The day of your surgery:
- Ask your healthcare provider before you take any medicine on the day of your surgery. Bring a list of all the medicines you take, or your pill bottles, with you to the hospital. Providers will check that your medicines will not interact poorly with the medicine you need for surgery.
- You or a close family member will be asked to sign a legal document called a consent form. It gives healthcare providers permission to do the procedure or surgery. It also explains the problems that may happen, and your choices. Make sure all your questions are answered before you sign this form.
- Healthcare providers may insert an intravenous tube (IV) into your vein. A vein in the arm is usually chosen. Through the IV tube, you may be given liquids and medicine.
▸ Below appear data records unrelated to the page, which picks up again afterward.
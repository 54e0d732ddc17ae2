-- ===== src/Fleet/Landing/Fetched.antt =====
-- The output of a leg after `_fetch` of src/run_farm/fleet.py.
use run_farm.Prelude.{
  ◌≡◌, refl, ◌∙◌, ap, String, Bool, true, false, some, ◌∷◌, Dict, lookup, list_eq, string_eq,
}
use run_farm.Arrival.{FilePath, Kind, publish}
use run_farm.Arrival.Written.{or_else}
use run_farm.Arrival.Publish.{Unique, entries_at, publish-merges}
use run_farm.Fleet.{FleetLeg, gives, Paths, marker}
use run_farm.Fleet.Landing.{Local, pull, published, has_output}

module _ {P C : Type 0} (local_side : Local P C) (paths : Paths)
    (store_reads : (p : P) (label : String) (files : Dict FilePath (Kind C))
      → local_side.output (local_side.store p label files) label ≡ files) where
  published_lem : (b : Bool) → published local_side paths b ≡ gives tt → b ≡ true
  published_lem true h = refl
  published_lem false h = cc

  -- A fetch that raises nothing leaves in the leg's output at each path what was copied, and elsewhere what was
  -- there, given that the output reads as it was stored and no name stands twice in a directory that was copied.
  pub pull-merges :
      (p : P) (host : String) (leg : FleetLeg)
      → Unique (local_side.scp_down p host leg).0
      → (pull local_side paths p host leg).0 ≡ gives tt
      → (n : String) (path : FilePath)
      → lookup (n ∷ path) (local_side.output (pull local_side paths p host leg).1 leg.label)
        ≡ or_else
            (entries_at (local_side.scp_down p host leg).0 n path)
            (lookup (n ∷ path) (local_side.output (local_side.scp_down p host leg).1 leg.label))
  unfolding pull
  pull-merges p host leg unique done n path =
      let (staged, p') = local_side.scp_down p host leg in
      let parts = local_side.parts (marker paths leg) in
      let before = local_side.output p' leg.label in
      let moved = publish parts staged before in
      ap (λ files. lookup (n ∷ path) files) (store_reads p' leg.label moved.1)
      ∙ publish-merges parts staged before moved.1 unique
          (ap (λ b. (b, moved.1)) (published_lem moved.0 done)) n path

  -- After it the leg is complete, if its marker was copied.
  pub pull_completes :
      (p : P) (host : String) (leg : FleetLeg) (n : String) (path : FilePath) (k : Kind C)
      → Unique (local_side.scp_down p host leg).0
      → (pull local_side paths p host leg).0 ≡ gives tt
      → local_side.parts (marker paths leg) ≡ n ∷ path
      → entries_at (local_side.scp_down p host leg).0 n path ≡ some k
      → has_output local_side paths
          (pull local_side paths p host leg).1
          leg.label
          (marker paths leg)
        ≡ true
  unfolding has_output
  pull_completes p host leg n path k unique done parts copied =
      rw parts (rw (pull-merges p host leg unique done n path) (rw copied refl))
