-- ===== src/RingPool.antt =====
-- internal/ringpool/pool.go: a ring of pre-allocated buffers with a fallback pool.
-- A slice is the address of its array with its length and capacity, and it starts at the array's
-- first byte; `Memory` holds the arrays. `fallback_pool` is the `sync.Pool`: `Get` takes the last
-- buffer put, or makes one. `head` and `tail` are uint64 and wrap.
pub mod Window
pub mod Own
pub mod New
pub mod Safety
pub mod Race
use fabrica_net.Base.{
  ℕ, zero, suc, ◌+◌, ◌-◌, ◌%◌, ◌^◌, bit_and, not, ◌||◌, ◌==◌, ltb, if◌then◌else◌, Option, none,
  some, List, [], ◌∷◌, ℤ, pos, pos_part, leb_ℤ, get_or, set, replicate, lookup, update,
}

abbrev pub word : ℕ
word = 2 ^ 64

pub record Slice : Type 0 where
  pub addr : ℕ
  pub len : ℕ
  pub cap : ℕ

pub record Memory : Type 0 where
  pub next : ℕ
  pub bytes : ℕ → List ℕ

-- `make([]byte, n)`: a new array of zeros.
abbrev pub make_slice : Memory → ℕ → Slice
make_slice m n = record { addr = m.next; len = n; cap = n }

abbrev pub make_memory : Memory → ℕ → Memory
make_memory m n = record { next = suc m.next; bytes = update m.bytes m.next (replicate n 0) }

pub record Ring : Type 0 where
  pub buffers : List Slice
  pub mask : ℕ
  pub head : ℕ
  pub tail : ℕ
  pub slot_states : List ℕ
  pub buffer_size : ℕ
  pub capacity : ℕ
  pub buffer_addrs : List (ℕ × ℕ)
  pub fallback_pool : List Slice
  pub alloc_count : ℕ
  pub free_count : ℕ
  pub fallback_count : ℕ

pub data PoolError : Type 0 where
  invalid_size invalid_capacity : PoolError

pub data Result {ℓ} (A : Type ℓ) : Type ℓ where
  ok : A → Result A
  err : PoolError → Result A

-- The loop of `NewRingBufferPool` from index `i` on, with `n` rounds left: it makes each buffer and
-- maps its address to its index.
pub fill_buffers : ℕ → ℕ → Memory → List Slice
fill_buffers zero size m = []
fill_buffers (suc n) size m = make_slice m size ∷ fill_buffers n size (make_memory m size)

pub fill_addrs : ℕ → ℕ → ℕ → Memory → List (ℕ × ℕ)
fill_addrs zero i size m = []
fill_addrs (suc n) i size m = (m.next, i) ∷ fill_addrs n (suc i) size (make_memory m size)

pub fill_memory : ℕ → ℕ → Memory → Memory
fill_memory zero size m = m
fill_memory (suc n) size m = fill_memory n size (make_memory m size)

abbrev pub empty_ring : ℕ → ℕ → Memory → Ring
empty_ring size capacity m = record {
  buffers = fill_buffers capacity size m;
  mask = capacity - 1;
  head = 0;
  tail = 0;
  slot_states = replicate capacity 0;
  buffer_size = size;
  capacity = capacity;
  buffer_addrs = fill_addrs capacity 0 size m;
  fallback_pool = [];
  alloc_count = 0;
  free_count = 0;
  fallback_count = 0;
}

unfoldable pub new_ring_buffer_pool : ℤ → ℕ → Memory → Result (Ring × Memory)
new_ring_buffer_pool size capacity m =
    if leb_ℤ size (pos 0)
    then err invalid_size
    else if capacity == 0 || not (bit_and capacity (capacity - 1) == 0)
    then err invalid_capacity
    else ok (empty_ring (pos_part size) capacity m, fill_memory capacity (pos_part size) m)

-- The loop of `Alloc`, run by one goroutine: a ring index that was free, or none if the ring is
-- full. The outer option is the fuel.
pub claim : ℕ → Ring → Option (Option ℕ × Ring)
claim zero r = none
claim (suc fuel) r =
    let index = bit_and r.head r.mask in
    let next = record r { head = (r.head + 1) % word } in
    let retry = claim fuel next in
    if r.head == (r.tail + r.capacity) % word
    then some (none, r)
    else if get_or r.slot_states index 1 == 0
    then some (some index, record next { slot_states = set r.slot_states index 1 })
    else retry

-- `buf[:size]`
abbrev pub reslice : Slice → ℕ → Slice
reslice b size = record b { len = size }

abbrev pub no_slice : Slice
no_slice = record { addr = 0; len = 0; cap = 0 }

-- `*p.fallbackPool.Get()`, and what it leaves.
pub fallback : Ring → Memory → ℕ → Slice × Ring × Memory
fallback r m size = elim r.fallback_pool [
  | [] ↦ (
    reslice (make_slice m r.buffer_size) size,
    record r { fallback_count = (r.fallback_count + 1) % word },
    make_memory m r.buffer_size,
  )
  | b ∷ rest ↦ (
    reslice b size,
    record r { fallback_pool = rest; fallback_count = (r.fallback_count + 1) % word },
    m,
  )
]

-- The result of the loop as a slice.
pub hand_out : Memory → ℕ → Option (Option ℕ × Ring) → Option (Slice × Ring × Memory)
unfolding fallback
hand_out m size none = none
hand_out m size (some (none, r)) = some (fallback r m size)
hand_out m size (some (some i, r)) = some (reslice (get_or r.buffers i no_slice) size, r, m)

abbrev pub count_alloc : Ring → Ring
count_alloc r = record r { alloc_count = (r.alloc_count + 1) % word }

pub alloc : Ring → Memory → ℤ → Option (Slice × Ring × Memory)
unfolding hand_out
alloc r m size =
    if leb_ℤ size (pos 0)
    then some (make_slice m 0, count_alloc r, make_memory m 0)
    else if ltb r.buffer_size (pos_part size)
    then some (make_slice m (pos_part size), count_alloc r, make_memory m (pos_part size))
    else hand_out m (pos_part size) (claim (suc r.capacity) (count_alloc r))

-- `clear(buf[:cap(buf)])`
abbrev pub clear_first : ℕ → List ℕ → List ℕ
clear_first zero xs = xs
clear_first (suc n) [] = []
clear_first (suc n) (x ∷ xs) = 0 ∷ clear_first n xs

abbrev pub clear_buffer : Memory → Slice → Memory
clear_buffer m b = record m { bytes = update m.bytes b.addr (clear_first b.cap (m.bytes b.addr)) }

-- The index that `isRingBuffer` finds, if the capacity is the pool's.
pub ring_index : Ring → Slice → Option ℕ
ring_index r b = if b.cap == r.buffer_size then lookup b.addr r.buffer_addrs else none

abbrev pub count_free : Ring → Ring
count_free r = record r { free_count = (r.free_count + 1) % word }

pub free : Ring → Memory → Slice → Ring × Memory
unfolding ring_index
free r m b = elim (ring_index r b) [
  | some i ↦ (
    record (count_free r) { slot_states = set r.slot_states i 0; tail = (r.tail + 1) % word },
    clear_buffer m b,
  )
  | none ↦
      if b.cap == r.buffer_size
      then (
        record (count_free r) { fallback_pool = reslice b r.buffer_size ∷ r.fallback_pool },
        clear_buffer m b,
      )
      else (count_free r, m)
]

-- uint64 subtraction.
abbrev pub sub64 : ℕ → ℕ → ℕ
sub64 a b = (a + word - b) % word

pub available : Ring → ℕ
available r = sub64 r.capacity (sub64 r.head r.tail)
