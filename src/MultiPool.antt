-- ===== src/MultiPool.antt =====
-- internal/ringpool/multipool.go and default.go: one ring per buffer size, and the choice among them.
-- The map `pools` is an association list; Go visits a map in any order, so the configuration that
-- `NewMultiSizeRingPool` is given is a list in the order of that visit. The mutex is not modelled:
-- every method takes it for reading, and no method writes the fields that it guards.
pub mod Sort
pub mod Route
pub mod Serve
mod Tests
use fabrica_net.Base.{
  ℕ, zero, suc, ◌+◌, ◌*◌, Option, none, some, List, [], ◌∷◌, ◌++◌, ℤ, pos, pos_part, leb, leb_ℤ,
  ltb_ℤ, negsuc, ◌==◌, if◌then◌else◌, lookup, map,
}
use fabrica_net.RingPool.{
  Slice, Memory, Ring, Result, ok, err, PoolError, make_slice, make_memory, new_ring_buffer_pool,
  alloc, free, available,
}

-- `pools[key] = value`
abbrev pub store {ℓ} : {V : Type ℓ} → ℕ → V → List (ℕ × V) → List (ℕ × V)
store k v [] = (k, v) ∷ []
store k v ((j, w) ∷ d) = if j == k then (k, v) ∷ d else (j, w) ∷ store k v d

pub record MultiPool : Type 0 where
  pub pools : List (ℕ × Ring)
  pub sizes : List ℕ

-- `sort.Ints`
pub insert_sorted : ℕ → List ℕ → List ℕ
insert_sorted x [] = x ∷ []
insert_sorted x (y ∷ ys) = if leb x y then x ∷ y ∷ ys else y ∷ insert_sorted x ys

pub sort : List ℕ → List ℕ
unfolding insert_sorted
sort [] = []
sort (x ∷ xs) = insert_sorted x (sort xs)

-- The loop over the configuration.
unfoldable pub build :
    List (ℤ × ℕ) → List (ℕ × Ring) → List ℕ → Memory → Result (MultiPool × Memory)
build [] pools sizes m = ok (record { pools = pools; sizes = sort sizes }, m)
build ((size, capacity) ∷ config) pools sizes m = elim (new_ring_buffer_pool size capacity m) [
  | err e ↦ err e
  | ok (r, m') ↦ build config (store (pos_part size) r pools) (sizes ++ pos_part size ∷ []) m'
]

unfoldable pub new_multi_size_ring_pool : List (ℤ × ℕ) → Memory → Result (MultiPool × Memory)
unfolding build
new_multi_size_ring_pool config m = build config [] [] m

-- `Default`
abbrev pub default_config : List (ℤ × ℕ)
default_config =
    (pos 64, 8192 * 2)
    ∷ (pos 128, 8192)
    ∷ (pos 256, 4096)
    ∷ (pos 512, 2048)
    ∷ (pos 1024, 1024)
    ∷ (pos 4096, 256)
    ∷ []

-- The loop of `Alloc` over the sorted sizes: the pool that serves, if any.
pub pick : List ℕ → List (ℕ × Ring) → ℤ → Option (ℕ × Ring)
pick [] pools size = none
pick (s ∷ sizes) pools size =
    let rest = pick sizes pools size in
    if leb_ℤ size (pos s)
    then elim (lookup s pools) [ some r ↦ some (s, r) | none ↦ rest ]
    else rest

-- The pool's answer, written back under its size. The last option is the fuel.
abbrev pub put_back :
    MultiPool → ℕ → Option (Slice × Ring × Memory) → Option (Slice × MultiPool × Memory)
put_back mp s none = none
put_back mp s (some (b, r, m)) = some (b, record mp { pools = store s r mp.pools }, m)

-- `make([]byte, size)` panics at a negative size.
pub data Outcome {ℓ} (A : Type ℓ) : Type ℓ where
  returned : A → Outcome A
  panicked : Outcome A

abbrev make_any : MultiPool → Memory → ℤ → Outcome (Option (Slice × MultiPool × Memory))
make_any mp m (pos n) = returned (some (make_slice m n, mp, make_memory m n))
make_any mp m (negsuc n) = panicked

pub multi_alloc : MultiPool → Memory → ℤ → Outcome (Option (Slice × MultiPool × Memory))
unfolding pick
multi_alloc mp m size = elim (pick mp.sizes mp.pools size) [
  | none ↦ make_any mp m size
  | some (s, r) ↦ returned (put_back mp s (alloc r m size))
]

pub multi_free : MultiPool → Memory → Slice → MultiPool × Memory
multi_free mp m b = elim (lookup b.cap mp.pools) [
  | none ↦ (mp, m)
  | some r ↦ let (r', m') = free r m b in (record mp { pools = store b.cap r' mp.pools }, m')
]
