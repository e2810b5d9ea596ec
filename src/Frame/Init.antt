-- ===== src/Frame/Init.antt =====
-- tcp/frame/codec.go, kcp/frame/codec.go and websocket/frame/codec.go: `InitTcpRingPool`,
-- `InitKcpRingPool` and `InitWebSocketRingPool`, which are one function on three packages' variables.
use fabrica_net.Base.{
  ℕ, Bool, true, false, Option, none, some, List, ℤ, if◌then◌else◌, ◌≡◌, ap, ◌∙◌,
}
use fabrica_net.RingPool.{Memory, PoolError, Result, ok, err}
use fabrica_net.MultiPool.{MultiPool, new_multi_size_ring_pool}

-- `once` and `pool`; a pool that is none is a nil pointer.
pub record PoolVariable : Type 0 where
  pub done : Bool
  pub pool : Option MultiPool

-- What the function called once assigns; the result `err` is not returned.
abbrev pub assigned :
    Memory → Result (MultiPool × Memory) → Option PoolError × PoolVariable × Memory
assigned m (err e) = (none, record { done = true; pool = none }, m)
assigned m (ok (mp, m')) = (none, record { done = true; pool = some mp }, m')

pub init_ring_pool : List (ℤ × ℕ) → PoolVariable → Memory → Option PoolError × PoolVariable × Memory
init_ring_pool config v m =
    let first = assigned m (new_multi_size_ring_pool config m) in
    if v.done then (none, v, m) else first

init-first :
    (config : List (ℤ × ℕ)) (v : PoolVariable) (m : Memory)
    → v.done ≡ false
    → init_ring_pool config v m ≡ assigned m (new_multi_size_ring_pool config m)
unfolding init_ring_pool
init-first config v m h =
    ap (λ b. if b then (none, v, m) else assigned m (new_multi_size_ring_pool config m)) h

init-again :
    (config : List (ℤ × ℕ)) (v : PoolVariable) (m : Memory)
    → v.done ≡ true
    → init_ring_pool config v m ≡ (none, v, m)
unfolding init_ring_pool
init-again config v m h =
    ap (λ b. if b then (none, v, m) else assigned m (new_multi_size_ring_pool config m)) h

-- The first initialization with a configuration that `NewMultiSizeRingPool` rejects returns nil, leaves
-- the variable a nil pool, and no later initialization changes that, whatever its configuration.
pub init-rejected :
    (config : List (ℤ × ℕ)) (v : PoolVariable) (m : Memory) (e : PoolError)
    → v.done ≡ false
    → new_multi_size_ring_pool config m ≡ err e
    → let (result, v', m') = init_ring_pool config v m in
      (result ≡ none)
      × (v'.pool ≡ none)
      × ((config' : List (ℤ × ℕ)) (m'' : Memory) → init_ring_pool config' v' m'' ≡ (none, v', m''))
init-rejected config v m e h q =
    let first = init-first config v m h ∙ ap (assigned m) q in
    (
      ap (λ r. r.0) first,
      ap (λ r. r.1.pool) first,
      λ config' m''.
          init-again config' (init_ring_pool config v m).1 m'' (ap (λ r. r.1.done) first),
    )
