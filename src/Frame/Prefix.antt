-- ===== src/Frame/Prefix.antt =====
-- The length prefix of all three codecs, and the test of a length that they share.
use fabrica_net.Base.{
  ℕ, ◌≤◌, ◌<◌, Bool, false, ◌||◌, List, ◌++◌, ℤ, pos, leb_ℤ, ltb_ℤ, length, ◌≡◌, refl, ap, arith,
}
use fabrica_net.Frame.{max_pack_size, int32_of, put_int32, get_int32, signed32}

-- `packLen <= 0 || packLen > MaxPackSize`
unfoldable pub refuses : ℤ → Bool
refuses n = leb_ℤ n (pos 0) || ltb_ℤ (pos max_pack_size) n

-- Reading back what was written gives the int32 with these low bits.
pub get_int32-put_int32 :
    (n : ℕ) (rest : List ℕ) → get_int32 (put_int32 (int32_of n) ++ rest) ≡ signed32 (int32_of n)
unfolding put_int32 get_int32
get_int32-put_int32 n rest = ap signed32 (omega arith)

pub length-put_int32 : (w : ℕ) → length (put_int32 w) ≡ 4
unfolding put_int32
length-put_int32 w = refl

pub accepts : (n : ℕ) → 0 < n → n ≤ max_pack_size → refuses (signed32 (int32_of n)) ≡ false
unfolding refuses
accepts n h k = ground arith

pub signed-of_small : (n : ℕ) → n ≤ max_pack_size → signed32 (int32_of n) ≡ pos n
signed-of_small n h = ground arith
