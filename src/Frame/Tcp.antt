-- ===== src/Frame/Tcp.antt =====
-- tcp/frame/codec.go: `Encode` and `Decode` of the TCP codec.
pub mod Stream
pub mod Buffers
mod Tests
use fabrica_net.Base.{
  ℕ, ◌≤◌, ◌<◌, true, false, none, some, List, [], ◌∷◌, ◌++◌, ℤ, pos, pos_part, ltb, ◌==◌, not,
  if◌then◌else◌, length, ◌≡◌,
}
use fabrica_net.Frame.{
  int32_of, put_int32, get_int32, Reader, read_full, FrameError, read_len_failed, invalid_pack_len,
  read_pack_failed, short_read, write_len_failed, write_pack_failed, short_write, flush_failed,
  BufferPool, BufferedWriter,
}
use fabrica_net.Frame.Prefix.{refuses}

-- An error leaves the connection as it is; its owner closes it.
pub data Written {ℓ} (W : Type ℓ) : Type ℓ where
  written : W → Written W
  write_error : FrameError → Written W

module _ (bufio : BufferedWriter) where
  open bufio use {Writer, write, flush}

  abbrev pub finish : Writer → Written Writer
  finish w = elim (flush w) [ none ↦ write_error flush_failed | some w' ↦ written w' ]

  unfoldable pub encode : Writer → List ℕ → Written Writer
  encode w pack = elim (write w (put_int32 (int32_of (length pack)))) [
    | none ↦ write_error write_len_failed
    | some (_, w') ↦ elim (write w' pack) [
      | none ↦ write_error write_pack_failed
      | some (n, w'') ↦ if not (n == length pack) then write_error short_write else finish w''
    ]
  ]

-- What `Decode` leaves: the pool, and on success the pack with the buffer that holds it (which `free`
-- gives back) and the reader.
pub data Decoded (State Buffer : Type 0) : Type 0 where
  pack : List ℕ → Buffer → State → Reader → Decoded State Buffer
  decode_error : FrameError → State → Decoded State Buffer

module _ (pool : BufferPool) where
  open pool use {State, Buffer, len, alloc, free}

  -- `io.ReadFull(c.r, buf)` and what follows it; on an error the deferred `free` runs.
  unfoldable pub decode_body : State → Buffer → ℕ → Reader → Decoded State Buffer
  decode_body s buf n r = elim (read_full (len buf) r) [
    | none ↦ decode_error read_pack_failed (free s buf)
    | some (bytes, r') ↦
        if ltb (length bytes) n then decode_error short_read (free s buf) else pack bytes buf s r'
  ]

  unfoldable pub decode_len : State → ℤ → Reader → Decoded State Buffer
  unfolding decode_body
  decode_len s n r =
      if refuses n
      then decode_error invalid_pack_len s
      else let (buf, s') = alloc s (pos_part n) in decode_body s' buf (pos_part n) r

  unfoldable pub decode : State → Reader → Decoded State Buffer
  unfolding decode_len
  decode s r = elim (read_full 4 r) [
    | none ↦ decode_error read_len_failed s
    | some (header, r') ↦ decode_len s (get_int32 header) r'
  ]
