-- ===== src/Frame/Kcp.antt =====
-- kcp/frame/codec.go and kcp/frame/stats.go: the KCP codec and the counters that it keeps.
pub mod Agree
pub mod Count
mod Tests
use fabrica_net.Base.{
  ℕ, ◌+◌, ◌%◌, ◌^◌, ◌<◌, Bool, true, false, none, some, List, ℤ, pos_part, ◌==◌, if◌then◌else◌,
  length,
}
use fabrica_net.Frame.{
  int32_of, put_int32, get_int32, Reader, read_full, read_len_failed, invalid_pack_len,
  read_pack_failed, write_len_failed, write_pack_failed, flush_failed, BufferPool, BufferedWriter,
}
use fabrica_net.Frame.Prefix.{refuses}
use fabrica_net.Frame.Tcp.{Written, written, write_error, Decoded, pack, decode_error}

-- Each an `atomic.Uint64`.
pub record CodecStats : Type 0 where
  pub total_encodes : ℕ
  pub total_decodes : ℕ
  pub total_bytes_in : ℕ
  pub total_bytes_out : ℕ
  pub encode_errors : ℕ
  pub decode_errors : ℕ
  pub pool_hits : ℕ
  pub pool_misses : ℕ

-- `Add` on a counter.
abbrev pub add64 : ℕ → ℕ → ℕ
add64 a b = (a + b) % 2 ^ 64

pub reset_codec_stats : CodecStats
reset_codec_stats = record {
  total_encodes = 0;
  total_decodes = 0;
  total_bytes_in = 0;
  total_bytes_out = 0;
  encode_errors = 0;
  decode_errors = 0;
  pool_hits = 0;
  pool_misses = 0;
}

abbrev pub encode_failed : CodecStats → CodecStats
encode_failed c = record c { encode_errors = add64 c.encode_errors 1 }

abbrev pub decode_failed : CodecStats → CodecStats
decode_failed c = record c { decode_errors = add64 c.decode_errors 1 }

abbrev pub count_encode : CodecStats → ℕ → CodecStats
count_encode c n = record c {
  total_encodes = add64 c.total_encodes 1;
  total_bytes_out = add64 c.total_bytes_out n;
}

abbrev pub count_decode : CodecStats → CodecStats
count_decode c = record c { total_decodes = add64 c.total_decodes 1 }

abbrev pub count_bytes_in : CodecStats → ℕ → CodecStats
count_bytes_in c n = record c { total_bytes_in = add64 c.total_bytes_in n }

-- `cap(buf) == int(length)` counts as a hit.
abbrev pub count_pool : CodecStats → Bool → CodecStats
count_pool c true = record c { pool_hits = add64 c.pool_hits 1 }
count_pool c false = record c { pool_misses = add64 c.pool_misses 1 }

module _ (bufio : BufferedWriter) where
  open bufio use {Writer, write, flush}

  pub encode : CodecStats → Writer → List ℕ → Written Writer × CodecStats
  encode c w p =
      let c' = count_encode c (length p) in
      elim (write w (put_int32 (int32_of (length p)))) [
        | none ↦ (write_error write_len_failed, encode_failed c')
        | some (_, w') ↦ elim (write w' p) [
          | none ↦ (write_error write_pack_failed, encode_failed c')
          | some (_, w'') ↦ elim (flush w'') [
            | none ↦ (write_error flush_failed, encode_failed c')
            | some out ↦ (written out, c')
          ]
        ]
      ]

module _ (pool : BufferPool) where
  open pool use {State, Buffer, len, cap_of, alloc, free}

  -- `io.ReadFull`; on an error the deferred function counts and frees.
  pub decode_body : CodecStats → State → Buffer → Reader → Decoded State Buffer × CodecStats
  decode_body c s buf r = elim (read_full (len buf) r) [
    | none ↦ (decode_error read_pack_failed (free s buf), decode_failed c)
    | some (bytes, r') ↦ (pack bytes buf s r', c)
  ]

  pub decode_len : CodecStats → State → ℤ → Reader → Decoded State Buffer × CodecStats
  unfolding decode_body
  decode_len c s n r =
      if refuses n
      then (decode_error invalid_pack_len s, decode_failed c)
      else let (buf, s') = alloc s (pos_part n) in
        decode_body (count_pool (count_bytes_in c (pos_part n)) (cap_of buf == pos_part n)) s' buf r

  pub decode : CodecStats → State → Reader → Decoded State Buffer × CodecStats
  unfolding decode_len
  decode c s r = elim (read_full 4 r) [
    | none ↦ (decode_error read_len_failed s, decode_failed (count_decode c))
    | some (header, r') ↦ decode_len (count_decode c) s (get_int32 header) r'
  ]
- An anesthesiologist will talk to you before your surgery. You may need medicine to keep you asleep or numb an area of your body during surgery. Tell healthcare providers if you or anyone in your family has had a problem with anesthesia in the past.
WHAT WILL HAPPEN:
What will happen:
Your surgeon will insert a scope through your urethra and into your bladder. He will put fluid through the scope to wash your bladder and widen it for surgery. The scope will have a wire with an electric current. The current is used to stop bleeding in your bladder and remove bladder tumors. Your surgeon may also remove muscle and tissue from your bladder. He may use the scope to insert medicine into your bladder. The medicine will destroy pieces of tumor in your bladder and help prevent new tumors from growing. Your surgeon will remove the scope.
After your surgery:
You will be taken to a room to rest until you are fully awake. You will be monitored closely for any problems. Do not get out of bed until your healthcare provider says it is okay. You will then be able to go home or be taken to your hospital room.
CONTACT YOUR HEALTHCARE PROVIDER IF:
- You cannot make it to your surgery.
- You have a fever.
- You get a cold or the flu.
- You have questions or concerns about your surgery.
Seek Care Immediately if
- You have bleeding from your urethra that does not stop.
- You start to urinate less often, very little, or not at all.
- You have severe pain in your abdomen or pelvis.
You may bleed more than expected or get an infection. Your bladder may be damaged. It may be painful to urinate, or you may have blood in your urine. You may feel discomfort in your abdomen or pelvis. You may feel like you need to urinate more often or without warning. You may develop more bladder tumors.
Care AgreementYou have the right to help plan your care. Learn about your health condition and how it may be treated. Discuss treatment options with your healthcare providers to decide what care you want to receive. You always have the right to refuse treatment.